Home Improvement Reasons (The Bugle)

Did you know that the strongest growth component of overall retail sales in South Africa, as measured and published by Stats SA, is the Hardware, Paint and Glass Products category. Having recovered from a huge slump in 2008/9 the 11% real growth rate for the 3 months to February 2014 for this category far exceeds the 3,6% growth in overall retail sales. Owners of a Build-It, Mica, Builders Warehouse or similar store should have nothing to complain about and should be doing better business now than experienced over the past few years. The obvious next question is why do people spend money on home improvement type products and what does this tell us about the expected trend in the property market cycle? On the reasons of why, FNB actually measure this accurately in their quarterly Estate Agent Survey conducted nationally. The overwhelming majority of people, 76% of all to be exact, do it for their own use. They enjoy the benefits of the upgrade for the future period that they remain in residence. This is always the best reason to undertake any upgrade and it is therefore not surprising that three quarters of this upgrading activity in our economy is driven by this motivation. A far lesser component, 16,5% of up-graders, do it because they can’t afford to buy elsewhere. A sensible reason in many cases as the transaction costs with buying and selling properties can be high enough to encourage a percentage of home-owners to rather add value to their existing homes. This can be a good idea but has a limit depending on the extent of the upgrade and the expected level of capitalisation of the property. A typical mistake made by many home-owners, is to over-capitalise a property for the given average pricing achievable in the suburb. Every owner eventually becomes a seller and it can then be a challenge to be able to recoup the capital invested in the home. The best gauge as to whether you are fully or over-capitalised with your suburb is the ask your local professional estate agent to provide you with a deeds office report on your property and on the suburb so as to understand what the last 20 homes geographically closest to your home have traded at and to get a handle on what the average price achieved in your suburb is. This type of data is readily available and in the public domain – you just need to know what you are looking for and how to interpret it.

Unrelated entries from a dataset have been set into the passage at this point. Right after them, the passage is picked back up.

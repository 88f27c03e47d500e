-- ===== src/Server/DistributedServer/Admission.antt =====
-- The check of the shared secret in packages/server/src/distributedServer.ts.
use express_token_revoker.Prelude.{◌≡◌, Option, none, some}
use express_token_revoker.Prelude.Text.{Text}
use express_token_revoker.Server.DistributedServer.{DistributedServer}

-- The digest tells the text that the metadata carries from the secret.
abbrev pub TellsApart : (Text → Text) → Text → Option Text → Type 0
TellsApart digest secret none = Unit
TellsApart digest secret (some provided) = digest provided ≡ digest secret → provided ≡ secret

A small percentage of people are currently undertaking home improvements as a speculative undertaking – measured at 6,5% of total home improvements. This is significantly down from the 24,5% measured for the same reason in early-2006, when the market was booming.
Improving confidence always precedes sales activity. We saw the FNB Home Investment Confidence Indicator shoot up from the third quarter of 2013. The home improvement activity followed soon after and the significant improvement in residential property sales, which we are currently experiencing, is a direct result of people feeling more confident about the future. The last measured quarter has seen a flattening of this confidence indicator and it will now be interesting to see what the interest rate hiking cycle does to retail sales of home improvement products and property sales in general.

Published in The Bugle, 30 April 2014, Author: Andreas Wassenaar

Wednesday 23 April 2014

Activity Across Market Segments (The Bugle)

Which segment of the market is currently most active? This is an interesting question and the answer has changed significantly over the past year. If we consider FNB’s most recent estate agent survey report, and divide the market by income or price segment, labeling the Lower Income level at an average price of R885,000 , the Middle Income level at an average price of R1,37m, the Upper Income segment at an average price of R2,66m and the High Net Worth segment at an average price of R3,7m, we see that although the Middle Income is currently strongest, this is only by a small margin. There has been a significant narrowing of the gap with the Lower and Middle Income segments slowing slightly and the Upper and High Net Worth income segments improving significantly. Depending on what area or suburb of the country you may find yourself in, the definition of Upper Income and High Net Worth may vary. Zimbali has an entry level of R3,5m and High Net Worth purchases would be considered in the R30m plus bracket. If you were analysing sales data from the Atlantic Seaboard in Cape Town, these brackets would be even higher. Nevertheless, the general trends are similar and our experience on the ground as estate agents re-enforces exactly this improvement in activity experienced in the Upper and High Net Worth pricing segments. 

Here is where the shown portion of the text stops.